### TO DO
Transcribe the line with "pub mod Prelude" and all the lines that follow it in the material below, exactly as they stand.

# # # # # # #

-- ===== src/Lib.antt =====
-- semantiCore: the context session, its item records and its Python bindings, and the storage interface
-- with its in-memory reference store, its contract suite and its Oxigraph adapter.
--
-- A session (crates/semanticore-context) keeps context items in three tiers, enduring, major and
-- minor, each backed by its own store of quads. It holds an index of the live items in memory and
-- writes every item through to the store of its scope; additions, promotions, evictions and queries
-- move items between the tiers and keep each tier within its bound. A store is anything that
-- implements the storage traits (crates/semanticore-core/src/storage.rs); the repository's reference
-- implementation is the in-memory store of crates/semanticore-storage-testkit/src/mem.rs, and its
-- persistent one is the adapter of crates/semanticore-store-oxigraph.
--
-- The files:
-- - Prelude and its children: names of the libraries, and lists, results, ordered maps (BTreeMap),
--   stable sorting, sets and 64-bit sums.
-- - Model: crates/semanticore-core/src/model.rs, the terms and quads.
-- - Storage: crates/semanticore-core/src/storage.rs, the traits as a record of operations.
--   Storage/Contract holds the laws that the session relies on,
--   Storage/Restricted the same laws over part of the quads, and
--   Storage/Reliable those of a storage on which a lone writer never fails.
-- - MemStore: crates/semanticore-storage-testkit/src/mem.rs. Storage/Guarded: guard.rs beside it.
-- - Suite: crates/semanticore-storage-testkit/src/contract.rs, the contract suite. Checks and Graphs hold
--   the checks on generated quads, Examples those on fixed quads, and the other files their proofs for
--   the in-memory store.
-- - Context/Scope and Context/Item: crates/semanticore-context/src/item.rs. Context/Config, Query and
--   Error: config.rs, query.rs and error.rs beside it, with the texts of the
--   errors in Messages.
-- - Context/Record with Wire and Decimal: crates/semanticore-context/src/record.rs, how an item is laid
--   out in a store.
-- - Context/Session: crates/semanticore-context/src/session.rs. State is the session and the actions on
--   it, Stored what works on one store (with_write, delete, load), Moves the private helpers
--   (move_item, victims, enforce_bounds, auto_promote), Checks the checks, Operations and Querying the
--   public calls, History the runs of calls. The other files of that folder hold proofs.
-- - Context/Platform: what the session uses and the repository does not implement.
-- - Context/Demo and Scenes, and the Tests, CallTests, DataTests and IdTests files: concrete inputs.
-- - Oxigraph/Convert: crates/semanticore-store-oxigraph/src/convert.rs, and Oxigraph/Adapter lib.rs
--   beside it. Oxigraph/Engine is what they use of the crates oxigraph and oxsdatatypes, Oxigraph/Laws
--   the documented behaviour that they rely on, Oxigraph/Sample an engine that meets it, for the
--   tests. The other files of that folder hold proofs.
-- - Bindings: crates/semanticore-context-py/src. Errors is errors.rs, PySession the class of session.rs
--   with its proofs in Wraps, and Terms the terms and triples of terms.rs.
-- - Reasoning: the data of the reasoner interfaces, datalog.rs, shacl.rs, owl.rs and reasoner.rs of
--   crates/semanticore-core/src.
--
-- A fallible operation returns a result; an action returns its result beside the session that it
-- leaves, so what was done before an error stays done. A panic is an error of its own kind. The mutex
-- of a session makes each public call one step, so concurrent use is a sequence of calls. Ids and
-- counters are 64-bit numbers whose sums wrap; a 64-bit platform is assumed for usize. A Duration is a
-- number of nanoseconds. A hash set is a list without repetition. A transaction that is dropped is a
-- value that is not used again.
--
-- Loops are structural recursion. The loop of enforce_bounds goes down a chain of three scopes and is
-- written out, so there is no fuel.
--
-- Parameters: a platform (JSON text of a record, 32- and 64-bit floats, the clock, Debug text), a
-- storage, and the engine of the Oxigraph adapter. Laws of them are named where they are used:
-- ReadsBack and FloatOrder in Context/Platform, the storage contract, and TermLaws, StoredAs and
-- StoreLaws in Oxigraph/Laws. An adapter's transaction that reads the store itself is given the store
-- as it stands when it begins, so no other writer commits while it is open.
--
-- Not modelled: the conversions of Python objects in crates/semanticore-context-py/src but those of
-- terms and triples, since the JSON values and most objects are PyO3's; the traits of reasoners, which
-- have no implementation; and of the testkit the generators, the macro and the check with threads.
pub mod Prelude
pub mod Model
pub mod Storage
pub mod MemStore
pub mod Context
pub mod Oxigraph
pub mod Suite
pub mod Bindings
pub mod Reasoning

# # # # # # #

### RESULT FOR THIS EXERCISE
pub mod Prelude
pub mod Model
pub mod Storage
pub mod MemStore
pub mod Context
pub mod Oxigraph
pub mod Suite
pub mod Bindings
pub mod Reasoning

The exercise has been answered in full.